Partnering for data quality

Vlad Rișcuția
Data Science at Microsoft
9 min readAug 14, 2020


Author Vlad Rișcuția is joined for this article by co-authors Wayne Yim and Ayyappan Balasubramanian.

Why data quality?

Data quality is a critical aspect of ensuring high quality business decisions. An estimate of the yearly cost of poor data quality is $3.1 trillion per year for the United States alone, equating to approximately 16.5 percent of GDP.¹ For a business such as Microsoft, where data-driven decisions are ingrained within the fabric of the company, ensuring high data quality is paramount. Not only is data used to drive, steer, and grow the Microsoft business from a tactical and strategic perspective, but there are also regulatory obligations to produce accurate data for quarterly financial reporting.

History of DataCop

In the Experiences and Devices (E+D) division at Microsoft, a central data team called IDEAs (Insights Data Engineering and Analytics) generates key business metrics that are used to grow and steer the business.
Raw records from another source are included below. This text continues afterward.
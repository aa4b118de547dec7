-- ===== src/Ait/Transfer/Write.antt =====
-- src/general/ait.cpp, `init_state_trans_table`: the state transfers of the writes.
use vans.Base.{ℕ, true, false, not, if◌then◌else◌, ◌==◌, Result, ok, ◌>>=◌}
use vans.Base.Bits.{add64}
use vans.Common.{read, write}
use vans.NextLevel.{NextLevel}
use vans.Ait.Entry.{BufferEntry, RequestState, check_wear_leveling}
use vans.Ait.Controller.{
  Core, Event, Duration, count, count_duration, count_next_level_issue_fail, issue_lmemq,
  issue_next_level, next_action, run_callback,
}

module _ {N M : Type 0} (next : NextLevel N) where
  unfoldable pub write_miss_init : ℕ → BufferEntry → ℕ → Core N M → Result (BufferEntry × Core N M)
  write_miss_init block_addr entry curr_clk c =
      issue_next_level next read block_addr entry curr_clk c >>= λ (r, c'). elim r.issued [
        | false ↦ count_next_level_issue_fail entry c'
        | true ↦ ok (
          record entry {
            state = RequestState.pending_read_media;
            pending = true;
            dirty = true;
            valid_to_read = false;
            last_used_clk = curr_clk;
            waiting_action_clk_update = not r.deterministic;
            next_action_clk = next_action r;
          },
          count Event.write_miss c',
        )
      ]

  unfoldable pub write_miss_pending_read_media :
      ℕ → BufferEntry → ℕ → Core N M → Result (BufferEntry × Core N M)
  write_miss_pending_read_media block_addr entry curr_clk c =
      issue_lmemq entry write curr_clk c >>= λ (r, c'). elim r.issued [
        | false ↦ ok (entry, count Event.local_memory_issue_fail c')
        | true ↦ ok (
          record entry {
            state = RequestState.pending_write_dram;
            last_used_clk = curr_clk;
            waiting_action_clk_update = not r.deterministic;
            next_action_clk = next_action r;
          },
          count_duration Duration.w_miss_prm curr_clk entry c',
        )
      ]

  unfoldable pub write_miss_pending_write_dram :
      ℕ → BufferEntry → ℕ → Core N M → Result (BufferEntry × Core N M)
  write_miss_pending_write_dram block_addr entry curr_clk c =
      check_wear_leveling block_addr c.table >>= λ wear_leveling_delay.
      let c' = count_duration Duration.w_miss_pwd curr_clk entry c in
      ok (
        record entry {
          state = RequestState.pending_migration;
          valid_to_read = true;
          last_used_clk = curr_clk;
          waiting_action_clk_update = false;
          next_action_clk = add64 (add64 curr_clk 1) wear_leveling_delay;
        },
        if wear_leveling_delay == 0 then c' else count Event.migration c',
      )

  unfoldable pub write_miss_pending_migration :
      ℕ → BufferEntry → ℕ → Core N M → Result (BufferEntry × Core N M)
  write_miss_pending_migration block_addr entry curr_clk c =
      issue_next_level next write block_addr entry curr_clk c >>= λ (r, c'). elim r.issued [
        | false ↦ count_next_level_issue_fail entry c'
        | true ↦ ok (
          record entry {
            state = RequestState.pending_write_media;
            last_used_clk = curr_clk;
            waiting_action_clk_update = not r.deterministic;
            next_action_clk = next_action r;
          },
          count_duration Duration.w_miss_pm curr_clk entry c',
        )
      ]

  unfoldable pub write_miss_pending_write_media :
      ℕ → BufferEntry → ℕ → Core N M → Result (BufferEntry × Core N M)
  write_miss_pending_write_media block_addr entry curr_clk c = ok (
    record entry {
      state = RequestState.end;
      pending = false;
      dirty = false;
      last_used_clk = curr_clk;
    },
    run_callback entry curr_clk (count_duration Duration.w_miss_pwm curr_clk entry c),
  )

  unfoldable pub write_hit_init : ℕ → BufferEntry → ℕ → Core N M → Result (BufferEntry × Core N M)
  write_hit_init block_addr entry curr_clk c = issue_lmemq entry write curr_clk c >>= λ (r, c').
      elim r.issued [
        | false ↦ ok (entry, count Event.local_memory_issue_fail c')
        | true ↦ ok (
          record entry {
            state = RequestState.pending_write_dram;
            pending = true;
            dirty = true;
            valid_to_read = false;
            last_used_clk = curr_clk;
            waiting_action_clk_update = not r.deterministic;
            next_action_clk = next_action r;
          },
          count Event.write_hit c',
        )
      ]

  unfoldable pub write_hit_pending_write_dram :
      ℕ → BufferEntry → ℕ → Core N M → Result (BufferEntry × Core N M)
  write_hit_pending_write_dram block_addr entry curr_clk c =
      check_wear_leveling block_addr c.table >>= λ wear_leveling_delay.
      let c' = count_duration Duration.w_hit_pwd curr_clk entry c in
      ok (
        record entry {
          state = RequestState.pending_migration;
          valid_to_read = true;
          last_used_clk = curr_clk;
          waiting_action_clk_update = false;
          next_action_clk = add64 (add64 curr_clk 1) wear_leveling_delay;
        },
        if wear_leveling_delay == 0 then c' else count Event.migration c',
      )

  unfoldable pub write_hit_pending_migration :
      ℕ → BufferEntry → ℕ → Core N M → Result (BufferEntry × Core N M)
  write_hit_pending_migration block_addr entry curr_clk c =
      issue_next_level next write block_addr entry curr_clk c >>= λ (r, c'). elim r.issued [
        | false ↦ count_next_level_issue_fail entry c'
        | true ↦ ok (
          record entry {
            state = RequestState.pending_write_media;
            last_used_clk = curr_clk;
            waiting_action_clk_update = not r.deterministic;
            next_action_clk = next_action r;
          },
          count_duration Duration.w_hit_pm curr_clk entry c',
        )
      ]

  unfoldable pub write_hit_pending_write_media :
      ℕ → BufferEntry → ℕ → Core N M → Result (BufferEntry × Core N M)
  write_hit_pending_write_media block_addr entry curr_clk c = ok (
    record entry {
      state = RequestState.end;
      pending = false;
      dirty = false;
      last_used_clk = curr_clk;
    },
    run_callback entry curr_clk (count_duration Duration.w_hit_pwm curr_clk entry c),
  )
As one of its first undertakings, the team created the Office 365 Commercial Monthly Active User (MAU) measure to track the usage and growth of Office 365. This was a complicated endeavor due to the sheer scale of data, the number of Office products and services involved, and the heterogenous nature of the data pipelines across different products and services. In addition, many other business metrics, tracking the growth and usage of all Office products and services, also needed to be created.